Nos jogadores mais velhos tens ainda a concorrência das Arábias. Ronaldo, Neymar, Benzema, Kante, Mané... Tudo para a Arábia por valores obscenos (principalmente a nível salarial).
Por outro, a indisponibilidade.
Há quanto tempo o Real Madrid queria o Mbappe? Só conseguiu agora chegar-lhe em final de contrato. Alguém consegue ir buscar o Haaland ao City? Vinícius ou Bellingham aí Real Madrid? Yamal ao Barcelona? Se os melhores jogadores estiverem já em clubes de topo, muito, muito dificilmente algum clube os consegue tirar de lá. O que limita muito aos possibilidades de compra e valoriza imenso o chegar a esses jogadores antes dos outros, daí serem adquiridos cada vez mais jovens.

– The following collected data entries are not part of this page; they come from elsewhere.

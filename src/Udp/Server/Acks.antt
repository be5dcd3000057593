-- ===== src/Udp/Server/Acks.antt =====
-- How the acknowledgements of src/network/reliable_udp.cpp are received.
use zero_latency_yolo.Base.{
  ℕ, ◌+◌, ◌<◌, ◌^◌, ◌≡◌, ◌≤◌, ◌≢◌, refl, ap, sym, ◌∙◌, List, [], none, some, arith, length, ◌==◌,
  ltb, if◌then◌else◌, append-nil, Option-cases, inl, inr, subst,
}
use zero_latency_yolo.Base.Table.{lookup, insert, Keys, lookup-insert, lookup-erase}
use zero_latency_yolo.Protocol.{
  Abi, header_size, magic_number, version_number, acknowledgement, invalid_packet, packet_type,
  new_packet, next_sequence,
}
use zero_latency_yolo.Protocol.Serialize.{header_bytes, checksum_of}
use zero_latency_yolo.Protocol.Deserialize.{
  PacketHeader, read_header, recomputed, is_valid_header, blank_body, create_from_buffer,
  create_typed, created_from, failed, deserialize, deserialize_with, deserialize_body, parse_fixed,
}
use zero_latency_yolo.Protocol.RoundTrip.{
  length-header_bytes, read_header_lem, recomputed_lem, checksum_of-lt,
}
use zero_latency_yolo.Udp.{ReliableUdpConfig, Address, ClientConnection}
use zero_latency_yolo.Udp.Server.{ReliableUdpServer, client_at}
use zero_latency_yolo.Udp.Server.Receive.{
  acknowledge, handle_ack, ack_bytes, touch, dispatch, handle_received_packet,
}

-- Bytes that pass every test of `handleReceivedPacket` are dispatched.
handle_received_packet_valid :
    (abi : Abi) (s : ReliableUdpServer) (bytes body : List ℕ) (h : PacketHeader) (a : Address)
    (now : ℕ)
    → read_header bytes ≡ some (h, body)
    → h.magic ≡ magic_number
    → h.version ≡ version_number
    → header_size + h.size ≡ length bytes
    → recomputed bytes ≡ h.checksum
    → handle_received_packet abi s bytes a now ≡ dispatch abi s h bytes a now
unfolding handle_received_packet is_valid_header
handle_received_packet_valid abi s bytes body h a now read em ev es ec = ground (arith, read)

dispatch_ack :
    (abi : Abi) (s : ReliableUdpServer) (h : PacketHeader) (bytes : List ℕ) (a : Address) (now : ℕ)
    → h.type ≡ abi.ack
    → let (s₁, id) = touch s a now in
      dispatch abi s h bytes a now ≡ (if ltb 0 id then handle_ack s₁ h.sequence id now else s₁, [])
unfolding dispatch
dispatch_ack abi s h bytes a now e = ground arith

-- The header that `sendAck` prints, with nothing behind it.
abbrev ack_header : Abi → ℕ → ℕ → PacketHeader
ack_header abi sequence sent = record {
  magic = magic_number;
  version = version_number;
  type = abi.ack;
  size = 0;
  sequence = sequence;
  timestamp = sent;
  checksum = checksum_of (header_bytes abi.ack 0 sequence sent 0);
}

read_header-ack_bytes :
    (abi : Abi) (sequence sent : ℕ)
    → sequence < 2 ^ 32
    → sent < 2 ^ 64
    → read_header (ack_bytes abi sequence sent) ≡ some (ack_header abi sequence sent, [])
unfolding ack_bytes
read_header-ack_bytes abi sequence sent hq ht =
    let sum = checksum_of (header_bytes abi.ack 0 sequence sent 0) in
    subst (λ bytes. read_header bytes ≡ some (ack_header abi sequence sent, []))
      (append-nil (header_bytes abi.ack 0 sequence sent sum))
      (read_header_lem abi.ack 0 sequence sent sum [] (omega (arith, abi.ack_byte)) (omega arith) hq
        ht (checksum_of-lt (header_bytes abi.ack 0 sequence sent 0)))

length-ack_bytes : (abi : Abi) (sequence sent : ℕ) → 22 ≡ length (ack_bytes abi sequence sent)
unfolding ack_bytes
length-ack_bytes abi sequence sent =
    let sum = checksum_of (header_bytes abi.ack 0 sequence sent 0) in
    subst (λ bytes. 22 ≡ length bytes) (append-nil (header_bytes abi.ack 0 sequence sent sum))
      (sym (length-header_bytes abi.ack 0 sequence sent sum []))

recomputed-ack_bytes :
    (abi : Abi) (sequence sent : ℕ)
    → recomputed (ack_bytes abi sequence sent) ≡ (ack_header abi sequence sent).checksum
unfolding ack_bytes
recomputed-ack_bytes abi sequence sent =
    let sum = checksum_of (header_bytes abi.ack 0 sequence sent 0) in
    subst (λ bytes. recomputed bytes ≡ sum) (append-nil (header_bytes abi.ack 0 sequence sent sum))
      (recomputed_lem abi.ack 0 sequence sent sum []
        ∙ ap checksum_of (append-nil (header_bytes abi.ack 0 sequence sent 0)))

-- What `sendAck` prints is accepted: it renews the peer's time of activity, is taken as an
-- acknowledgement for the client found by the peer's address, if any, and is not answered.
handle_received_packet-ack_bytes :
    (abi : Abi) (s : ReliableUdpServer) (sequence sent : ℕ) (a : Address) (now : ℕ)
    → sequence < 2 ^ 32
    → sent < 2 ^ 64
    → let (s₁, id) = touch s a now in
      handle_received_packet abi s (ack_bytes abi sequence sent) a now
      ≡ (if ltb 0 id then handle_ack s₁ sequence id now else s₁, [])
handle_received_packet-ack_bytes abi s sequence sent a now hq ht =
    handle_received_packet_valid abi s (ack_bytes abi sequence sent) []
      (ack_header abi sequence sent) a now (read_header-ack_bytes abi sequence sent hq ht) refl refl
      (length-ack_bytes abi sequence sent) (recomputed-ack_bytes abi sequence sent)
    ∙ dispatch_ack abi s (ack_header abi sequence sent) (ack_bytes abi sequence sent) a now refl

lookup-acknowledge :
    (config : ReliableUdpConfig) (c : ClientConnection) (sequence now k : ℕ)
    → Keys c.unacked_packets
    → lookup k (acknowledge config c sequence now).unacked_packets
      ≡ (if sequence == k then none else lookup k c.unacked_packets)
unfolding acknowledge
lookup-acknowledge config c sequence now k h =
    elim (Option-cases (lookup sequence c.unacked_packets)) [
      | inl gone ↦ ground (arith, gone)
      | inr (p, there) ↦ ground (arith, there, lookup-erase sequence k c.unacked_packets h)
    ]

-- What `touch` and `handleAck` together make of the client that the address finds.
handle_ack-touch :
    (s : ReliableUdpServer) (a : Address) (sequence now id : ℕ) (c : ClientConnection)
    → client_at a s.clients ≡ some (id, c)
    → id ≢ 0
    → let (s₁, found) = touch s a now in
      lookup id (if ltb 0 found then handle_ack s₁ sequence found now else s₁).clients
      ≡ some (acknowledge s.config (record c { last_active_time = now }) sequence now)
unfolding touch handle_ack
handle_ack-touch s a sequence now id c at n =
    let seen = record c { last_active_time = now } in
    ground (
      arith,
      at,
      lookup-insert id id seen s.clients,
      lookup-insert id id (acknowledge s.config seen sequence now) (insert id seen s.clients),
    )

-- Where a client with an id other than 0 is found by its address, and no two of its waiting packets
-- have the same number, receiving what `sendAck` prints for a 32-bit sequence number and a 64-bit
-- time takes the packet with that number from those that wait to be acknowledged, and no other.
pub lookup-handle_received_packet_ack :
    (abi : Abi) (s : ReliableUdpServer) (sequence sent : ℕ) (a : Address) (now id : ℕ)
    (c : ClientConnection) (k : ℕ)
    → sequence < 2 ^ 32
    → sent < 2 ^ 64
    → client_at a s.clients ≡ some (id, c)
    → id ≢ 0
    → Keys c.unacked_packets
    → (c' : ClientConnection) × (lookup id
          (handle_received_packet abi s (ack_bytes abi sequence sent) a now).0.clients
        ≡ some c')
      × (lookup k c'.unacked_packets ≡ (if sequence == k then none else lookup k c.unacked_packets))
lookup-handle_received_packet_ack abi s sequence sent a now id c k hq ht at n h = (
  _,
  ap (λ r. lookup id r.0.clients) (handle_received_packet-ack_bytes abi s sequence sent a now hq ht)
      ∙ handle_ack-touch s a sequence now id c at n,
  lookup-acknowledge s.config _ sequence now k h,
)

blank_ack : (abi : Abi) → blank_body abi abi.ack ≡ some (acknowledgement 0)
unfolding blank_body
blank_ack abi = ground (arith, abi.ack_new)

-- An `AckPacket` takes nothing but a body of 4 bytes.
refused_ack :
    (abi : Abi) (counter now : ℕ) (bytes body : List ℕ) (h : PacketHeader)
    → 22 ≤ length bytes
    → read_header bytes ≡ some (h, body)
    → h.magic ≡ magic_number
    → h.version ≡ version_number
    → h.type ≡ abi.ack
    → h.size ≡ 0
    → 22 ≡ length bytes
    → recomputed bytes ≡ h.checksum
    → blank_body abi h.type ≡ some (acknowledgement 0)
    → (create_from_buffer abi counter now bytes).0 ≡ failed invalid_packet
unfolding create_from_buffer create_typed created_from new_packet next_sequence deserialize
    deserialize_with deserialize_body parse_fixed packet_type is_valid_header
refused_ack abi counter now bytes body h long read em ev et es el ec eb = ground (arith, read, eb)

-- The packet factory refuses what `sendAck` prints for a 32-bit sequence number and a 64-bit time as
-- an invalid packet, although `handleReceivedPacket` takes it.
pub create_from_buffer-ack_bytes :
    (abi : Abi) (counter now sequence sent : ℕ)
    → sequence < 2 ^ 32
    → sent < 2 ^ 64
    → (create_from_buffer abi counter now (ack_bytes abi sequence sent)).0 ≡ failed invalid_packet
create_from_buffer-ack_bytes abi counter now sequence sent hq ht =
    refused_ack abi counter now (ack_bytes abi sequence sent) [] (ack_header abi sequence sent)
      (omega (arith, length-ack_bytes abi sequence sent))
      (read_header-ack_bytes abi sequence sent hq ht) refl refl refl refl
      (length-ack_bytes abi sequence sent) (recomputed-ack_bytes abi sequence sent) (blank_ack abi)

Vê o PSG que perdeu o Mbappe e procura substituto. Yamal nem por 250 ME. Por Osimhen o Nápoles pede 130 ME. Estão a tentar comprar por menos. Mas quais seriam as alternativas??? Também tentaram o Kvara, mas o Nápoles não parece aceitar perder os dois. Nem por 200 ME!!!
Esta política dos grandes clubes comprarem os melhores talentos jovens tão cedo deriva disso. Quando um talento desses entra na esfera de controlo de um grande clube, muito dificilmente sai de lá e se sair é por um valor desproporcional.

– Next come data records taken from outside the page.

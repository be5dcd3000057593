-- ===== src/Udp/Server/Valid.antt =====
-- What holds of every connection that the server of src/network/reliable_udp.cpp keeps.
use zero_latency_yolo.Base.{
  ℕ, ◌≤◌, ◌<◌, ◌^◌, Bool, true, List, [], ◌∷◌, arith, ◌==◌, ltb, leb, some-cases, All, if-cases,
  sub64,
}
use zero_latency_yolo.Base.Table.{lookup, Keys, Keys-insert, Keys-erase, All-insert, All-erase}
use zero_latency_yolo.Protocol.{ClientInfo}
use zero_latency_yolo.Udp.{ReliableUdpConfig, Address, ClientConnection, PacketAckInfo}
use zero_latency_yolo.Udp.Connection.{
  init_connection, update_rtt, increase_congestion_window, handle_packet_loss, halved,
}
use zero_latency_yolo.Udp.Connection.Rtt.{clamp_timeout_bounds}
use zero_latency_yolo.Udp.Server.{new_connection, refreshed, Stats, Effect}
use zero_latency_yolo.Udp.Server.Send.{track}
use zero_latency_yolo.Udp.Server.Receive.{acknowledge}
use zero_latency_yolo.Udp.Server.Manage.{
  Pass, lose, retried, retransmit_packet, retransmit_packets, retransmit_client,
}
use zero_latency_yolo.Udp.Server.Sweep.{Keys-erase_all, All-erase_all}
use zero_latency_yolo.Udp.Server.Retransmit.{Keys-retransmit_packets}

-- The numbers that rule when and how much is sent.
pub record IsPaced (window threshold timeout : ℕ) : Type 0 where
  pub window_low : 1 ≤ window
  pub window_word : window < 2 ^ 32
  pub threshold_low : 2 ≤ threshold
  pub threshold_word : threshold < 2 ^ 32
  pub timeout_low : 200 ≤ timeout
  pub timeout_high : timeout ≤ 10000

-- No packet has been tried more often than the configuration allows.
abbrev pub Retries : ReliableUdpConfig → List (ℕ × PacketAckInfo) → Type 0
Retries config = All (λ e. e.1.retries ≤ config.max_retries)

pub record IsConnection (config : ReliableUdpConfig) (c : ClientConnection) : Type 0 where
  pub paced : IsPaced c.congestion_window c.slow_start_threshold c.retransmission_timeout_ms
  pub keys : Keys c.unacked_packets
  pub retries : Retries config c.unacked_packets

pub IsConnection-new_connection :
    (config : ReliableUdpConfig) (id : ℕ) (a : Address) (info : ClientInfo) (now : ℕ)
    → IsConnection config (new_connection id a info now)
unfolding new_connection init_connection
IsConnection-new_connection config id a info now = record {
  paced = record {
    window_low = omega arith;
    window_word = omega arith;
    threshold_low = omega arith;
    threshold_word = omega arith;
    timeout_low = omega arith;
    timeout_high = omega arith;
  };
  keys = tt;
  retries = tt;
}

pub IsConnection-refreshed :
    (config : ReliableUdpConfig) (c : ClientConnection) (info : ClientInfo) (now : ℕ)
    → IsConnection config c
    → IsConnection config (refreshed c info now)
unfolding refreshed
IsConnection-refreshed config c info now h = record {
  paced = h.paced;
  keys = h.keys;
  retries = h.retries;
}

abbrev Paced : ClientConnection → Type 0
Paced c = IsPaced c.congestion_window c.slow_start_threshold c.retransmission_timeout_ms

update_rtt-Paced : (c : ClientConnection) (measured : ℕ) → Paced c → Paced (update_rtt c measured)
unfolding update_rtt
update_rtt-Paced c measured h =
    let (low, high) = clamp_timeout_bounds _ in
    record {
      window_low = h.window_low;
      window_word = h.window_word;
      threshold_low = h.threshold_low;
      threshold_word = h.threshold_word;
      timeout_low = low;
      timeout_high = high;
    }

increase_congestion_window-Paced :
    (c : ClientConnection) → Paced c → Paced (increase_congestion_window c)
unfolding increase_congestion_window
increase_congestion_window-Paced c h = record {
  window_low = ground (arith, h.window_low, h.window_word, h.threshold_word);
  window_word = ground (arith, h.window_word, h.threshold_word);
  threshold_low = ground (arith, h.threshold_low);
  threshold_word = ground (arith, h.threshold_word);
  timeout_low = ground (arith, h.timeout_low);
  timeout_high = ground (arith, h.timeout_high);
}

lose-Paced :
    (config : ReliableUdpConfig) (first : Bool) (c : ClientConnection)
    → Paced c
    → Paced (lose config first c)
unfolding lose handle_packet_loss halved
lose-Paced config first c h = record {
  window_low = ground (arith, h.window_low);
  window_word = ground (arith, h.window_word);
  threshold_low = ground (arith, h.threshold_low);
  threshold_word = ground (arith, h.threshold_word, h.window_word);
  timeout_low = ground (arith, h.timeout_low);
  timeout_high = ground (arith, h.timeout_high);
}

-- An acknowledgement.
pub acknowledge-IsConnection :
    (config : ReliableUdpConfig) (c : ClientConnection) (sequence now : ℕ)
    → IsConnection config c
    → IsConnection config (acknowledge config c sequence now)
unfolding acknowledge
acknowledge-IsConnection config c sequence now h =
    some-cases (IsConnection config) (lookup sequence c.unacked_packets) (λ _. h)
      (λ p _.
        let measured = update_rtt-Paced c (sub64 now p.timestamp) h.paced in
        record {
          paced =
              if-cases Paced config.congestion_control_enabled
                (λ _. increase_congestion_window-Paced _ measured) (λ _. measured);
          keys = Keys-erase sequence c.unacked_packets h.keys;
          retries = All-erase _ sequence c.unacked_packets h.retries;
        })

-- A packet that starts to wait for its acknowledgement.
pub track-IsConnection :
    (config : ReliableUdpConfig) (c : ClientConnection) (content : List ℕ) (now : ℕ)
    → IsConnection config c
    → IsConnection config (track c content now)
unfolding track
track-IsConnection config c content now h = record {
  paced = h.paced;
  keys = Keys-insert c.next_send_sequence _ c.unacked_packets h.keys;
  retries = All-insert _ c.next_send_sequence _ c.unacked_packets (omega arith) h.retries;
}

-- A pass of retransmissions.
retransmit_packet-Paced :
    (config : ReliableUdpConfig) (now seq : ℕ) (p : PacketAckInfo) (pass : Pass)
    → Paced pass.client
    → Paced (retransmit_packet config now seq p pass).1.client
unfolding retransmit_packet
retransmit_packet-Paced config now seq p pass h =
    let P = λ (r : PacketAckInfo × Pass). Paced r.1.client in
    if-cases P (ltb pass.client.retransmission_timeout_ms (sub64 now p.timestamp))
      (λ _.
        if-cases P (leb config.max_retries p.retries) (λ _. lose-Paced config true pass.client h)
          (λ _. lose-Paced config ((retried p now).retries == 1) pass.client h))
      (λ _. h)

retransmit_packet-retries-le :
    (config : ReliableUdpConfig) (now seq : ℕ) (p : PacketAckInfo) (pass : Pass)
    → config.max_retries < 256
    → p.retries ≤ config.max_retries
    → (retransmit_packet config now seq p pass).0.retries ≤ config.max_retries
unfolding retransmit_packet retried
retransmit_packet-retries-le config now seq p pass hm hr = ground arith

retransmit_packets_kept :
    (config : ReliableUdpConfig) (now : ℕ) (m : List (ℕ × PacketAckInfo)) (pass : Pass)
    → config.max_retries < 256
    → Retries config m
    → Paced pass.client
    → Retries config (retransmit_packets config now m pass).0
      × Paced (retransmit_packets config now m pass).1.client
unfolding retransmit_packets
retransmit_packets_kept config now [] pass hm hr h = (tt, h)
retransmit_packets_kept config now ((j, p) ∷ m) pass hm hr h =
    let pass' = (retransmit_packet config now j p pass).1 in
    let (retries, paced) =
      retransmit_packets_kept config now m pass' hm hr.1
        (retransmit_packet-Paced config now j p pass h) in
    ((retransmit_packet-retries-le config now j p pass hm hr.0, retries), paced)

pub retransmit_client-IsConnection :
    (config : ReliableUdpConfig) (now : ℕ) (c : ClientConnection) (stats : Stats)
    (effects : List Effect)
    → config.max_retries < 256
    → IsConnection config c
    → IsConnection config (retransmit_client config now c stats effects).0
unfolding retransmit_client
retransmit_client-IsConnection config now c stats effects hm h =
    let pass : Pass = record { client = c; expired = []; stats = stats; effects = effects } in
    let (retries, paced) =
      retransmit_packets_kept config now c.unacked_packets pass hm h.retries h.paced in
    record {
      paced = paced;
      keys = Keys-erase_all _ _ (Keys-retransmit_packets config now c.unacked_packets pass h.keys);
      retries = All-erase_all _ _ _ retries;
    }
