-- ===== src/Udp/Server/Addresses.antt =====
-- No two clients of the server of src/network/reliable_udp.cpp have the same address.
use zero_latency_yolo.Base.{
  ℕ, ◌≡◌, ap, sym, ◌∙◌, false, List, [], ◌∷◌, none, some, arith, ◌==◌, if◌then◌else◌, Bool-cases,
  inl, inr, subst, All, if-cases,
}
use zero_latency_yolo.Base.Table.{lookup, insert, erase, All-insert, All-erase, lookup-All}
use zero_latency_yolo.Udp.{Address, ClientConnection, is_same_addr}
use zero_latency_yolo.Udp.Server.{client_at}
use zero_latency_yolo.Udp.Server.Manage.{erase_all}

abbrev pub Elsewhere : Address → List (ℕ × ClientConnection) → Type 0
Elsewhere a = All (λ e. is_same_addr e.1.address a ≡ false)

abbrev pub Distinct : List (ℕ × ClientConnection) → Type 0
Distinct [] = Unit
Distinct ((k, c) ∷ m) = Elsewhere c.address m × Distinct m

is_same_addr_sym : (a b : Address) → is_same_addr a b ≡ is_same_addr b a
unfolding is_same_addr
is_same_addr_sym a b = ground arith

client_at-Elsewhere :
    (a : Address) (m : List (ℕ × ClientConnection)) → client_at a m ≡ none → Elsewhere a m
unfolding client_at
client_at-Elsewhere a [] e = tt
client_at-Elsewhere a ((j, d) ∷ m) e = elim (Bool-cases (is_same_addr d.address a)) [
  | inl hit ↦ ground (arith, hit)
  | inr miss ↦ (miss, client_at-Elsewhere a m (ground (arith, miss)))
]

pub Distinct-erase : (k : ℕ) (m : List (ℕ × ClientConnection)) → Distinct m → Distinct (erase k m)
unfolding erase
Distinct-erase k [] h = tt
Distinct-erase k ((j, d) ∷ m) h =
    if-cases Distinct (j == k) (λ _. h.1) (λ _. (All-erase _ k m h.0, Distinct-erase k m h.1))

pub Distinct-erase_all :
    (ks : List ℕ) (m : List (ℕ × ClientConnection)) → Distinct m → Distinct (erase_all ks m)
unfolding erase_all
Distinct-erase_all [] m h = h
Distinct-erase_all (k ∷ ks) m h = Distinct-erase_all ks (erase k m) (Distinct-erase k m h)

insert-Elsewhere :
    (k : ℕ) (c : ClientConnection) (m : List (ℕ × ClientConnection))
    → Elsewhere c.address m
    → Distinct m
    → Distinct (insert k c m)
unfolding insert
insert-Elsewhere k c [] e h = (tt, tt)
insert-Elsewhere k c ((j, d) ∷ m) e h =
    if-cases Distinct (j == k) (λ _. (e.1, h.1))
      (λ _. (
        All-insert _ k c m (is_same_addr_sym c.address d.address ∙ e.0) h.0,
        insert-Elsewhere k c m e.1 h.1,
      ))

-- A client with an address that no other client has.
pub Distinct-insert_new :
    (k : ℕ) (c : ClientConnection) (m : List (ℕ × ClientConnection))
    → client_at c.address m ≡ none
    → Distinct m
    → Distinct (insert k c m)
Distinct-insert_new k c m e h = insert-Elsewhere k c m (client_at-Elsewhere c.address m e) h

-- A client that keeps its address.
pub Distinct-insert_known :
    (k : ℕ) (c d : ClientConnection) (m : List (ℕ × ClientConnection))
    → lookup k m ≡ some d
    → d.address ≡ c.address
    → Distinct m
    → Distinct (insert k c m)
unfolding insert lookup
Distinct-insert_known k c d [] e same h = cc
Distinct-insert_known k c d ((j, b) ∷ m) e same h = elim (Bool-cases (j == k)) [
  | inl hit ↦
      let found : b ≡ d = ground (arith, hit) in
      let there : Elsewhere c.address m =
        subst (λ a. Elsewhere a m) (ap (λ x. x.address) found ∙ same) h.0 in
      subst (λ t. Distinct (if t then (k, c) ∷ m else (j, b) ∷ insert k c m)) (sym hit) (there, h.1)
  | inr miss ↦
      let later : lookup k m ≡ some d = ground (arith, miss) in
      let apart =
        subst (λ a. is_same_addr a b.address ≡ false) same
          (lookup-All (λ e. is_same_addr e.1.address b.address ≡ false) k d m h.0 later) in
      subst (λ t. Distinct (if t then (k, c) ∷ m else (j, b) ∷ insert k c m)) (sym miss)
        (All-insert _ k c m apart h.0, Distinct-insert_known k c d m later same h.1)
]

É este o racional por detrás desta política. Basicamente, pensar no longo prazo em detrimento de pensar exclusivamente no dia de hoje...

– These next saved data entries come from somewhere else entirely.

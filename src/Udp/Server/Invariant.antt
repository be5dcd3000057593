-- ===== src/Udp/Server/Invariant.antt =====
-- The invariant of the server of src/network/reliable_udp.cpp, and that every operation keeps it.
use zero_latency_yolo.Base.{
  ℕ, ◌≤◌, ◌<◌, ◌≡◌, refl, List, [], ◌∷◌, none, some, arith, length, leb, some-cases, All, if-cases,
}
use zero_latency_yolo.Base.Table.{
  lookup, insert, erase, Keys, Keys-insert, Keys-erase, All-insert, All-erase, lookup-All,
  length-insert-le, length-insert_old, length-erase-le,
}
use zero_latency_yolo.Protocol.{ClientInfo}
use zero_latency_yolo.Udp.{ReliableUdpConfig, Address, ClientConnection}
use zero_latency_yolo.Udp.Server.{
  ReliableUdpServer, Effect, Result, client_at, register_client, refreshed,
}
use zero_latency_yolo.Udp.Server.Manage.{erase_all}
use zero_latency_yolo.Udp.Server.Clients.{client_at_lem, address-new_connection}
use zero_latency_yolo.Udp.Server.Valid.{
  IsConnection, IsConnection-new_connection, IsConnection-refreshed,
}
use zero_latency_yolo.Udp.Server.Addresses.{
  Distinct, Distinct-erase, Distinct-insert_new, Distinct-insert_known,
}

-- The clients: each id once, each address once, no more than allowed, and every connection valid.
pub record AreClients (config : ReliableUdpConfig) (m : List (ℕ × ClientConnection)) : Type 0 where
  pub keys : Keys m
  pub distinct : Distinct m
  pub count : length m ≤ config.max_clients
  pub valid : All (λ e. IsConnection config e.1) m

-- `max_retries` is a `uint8_t`.
pub record IsServer (s : ReliableUdpServer) : Type 0 where
  pub byte : s.config.max_retries < 256
  pub clients : AreClients s.config s.clients

pub erase-AreClients :
    (config : ReliableUdpConfig) (k : ℕ) (m : List (ℕ × ClientConnection))
    → AreClients config m
    → AreClients config (erase k m)
erase-AreClients config k m h = record {
  keys = Keys-erase k m h.keys;
  distinct = Distinct-erase k m h.distinct;
  count = omega (arith, length-erase-le k m, h.count);
  valid = All-erase _ k m h.valid;
}

pub erase_all-AreClients :
    (config : ReliableUdpConfig) (ks : List ℕ) (m : List (ℕ × ClientConnection))
    → AreClients config m
    → AreClients config (erase_all ks m)
unfolding erase_all
erase_all-AreClients config [] m h = h
erase_all-AreClients config (k ∷ ks) m h =
    erase_all-AreClients config ks (erase k m) (erase-AreClients config k m h)

-- A client that is already there, renewed.
pub renew-AreClients :
    (config : ReliableUdpConfig) (k : ℕ) (c d : ClientConnection) (m : List (ℕ × ClientConnection))
    → lookup k m ≡ some d
    → d.address ≡ c.address
    → IsConnection config c
    → AreClients config m
    → AreClients config (insert k c m)
renew-AreClients config k c d m there same valid h = record {
  keys = Keys-insert k c m h.keys;
  distinct = Distinct-insert_known k c d m there same h.distinct;
  count = omega (arith, length-insert_old k c d m there, h.count);
  valid = All-insert _ k c m valid h.valid;
}

add-AreClients :
    (config : ReliableUdpConfig) (k : ℕ) (c : ClientConnection) (m : List (ℕ × ClientConnection))
    → length m < config.max_clients
    → client_at c.address m ≡ none
    → IsConnection config c
    → AreClients config m
    → AreClients config (insert k c m)
add-AreClients config k c m room fresh valid h = record {
  keys = Keys-insert k c m h.keys;
  distinct = Distinct-insert_new k c m fresh h.distinct;
  count = omega (arith, length-insert-le k c m, room);
  valid = All-insert _ k c m valid h.valid;
}

-- A client that a search by address has found.
pub found-IsConnection :
    (config : ReliableUdpConfig) (a : Address) (m : List (ℕ × ClientConnection))
    (e : ℕ × ClientConnection)
    → AreClients config m
    → client_at a m ≡ some e
    → (lookup e.0 m ≡ some e.1) × IsConnection config e.1
found-IsConnection config a m e h at =
    let (there, same) = client_at_lem a m e.0 e.1 h.keys at in
    (there, lookup-All _ e.0 e.1 m h.valid there)

pub register_client-IsServer :
    (s : ReliableUdpServer) (a : Address) (info : ClientInfo) (now : ℕ)
    → IsServer s
    → IsServer (register_client s a info now).0
unfolding register_client refreshed
register_client-IsServer s a info now h =
    let P = λ (r : ReliableUdpServer × Result ℕ × List Effect). IsServer r.0 in
    if-cases P (leb s.config.max_clients (length s.clients)) (λ _. h)
      (λ room.
        some-cases P (client_at a s.clients)
          (λ fresh. record {
            byte = h.byte;
            clients =
                add-AreClients s.config s.next_client_id _ s.clients (ground (arith, room))
                  (rw (address-new_connection s.next_client_id a info now) fresh)
                  (IsConnection-new_connection s.config s.next_client_id a info now) h.clients;
          })
          (λ e at.
            let (there, valid) = found-IsConnection s.config a s.clients e h.clients at in
            record {
              byte = h.byte;
              clients =
                  renew-AreClients s.config e.0 (refreshed e.1 info now) e.1 s.clients there refl
                    (IsConnection-refreshed s.config e.1 info now valid) h.clients;
            }))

Ambos os pontos são válidos!
A conjugação dos dois reforça a irracionalidade das opções atuais!
1. A inflação recente parece-me inquestionável, embora, sem ter dados quantitativos para a suportar!
Agora, repara, nos exemplos que usas: Harry Kane, Declan Rice, Kolo Muani e Havertz... com excepção do Harry Kane, que tem a idade contra ele, eu apostaria que os outros não entravam no top-5 das respectivas posições...
Ou seja, a inflação sente-se na classe média, o que implica: a) sobrepagar por gente que não vale aquilo que se paga por ela ou b) subpagar por gente que vale aquilo que não se paga por ela...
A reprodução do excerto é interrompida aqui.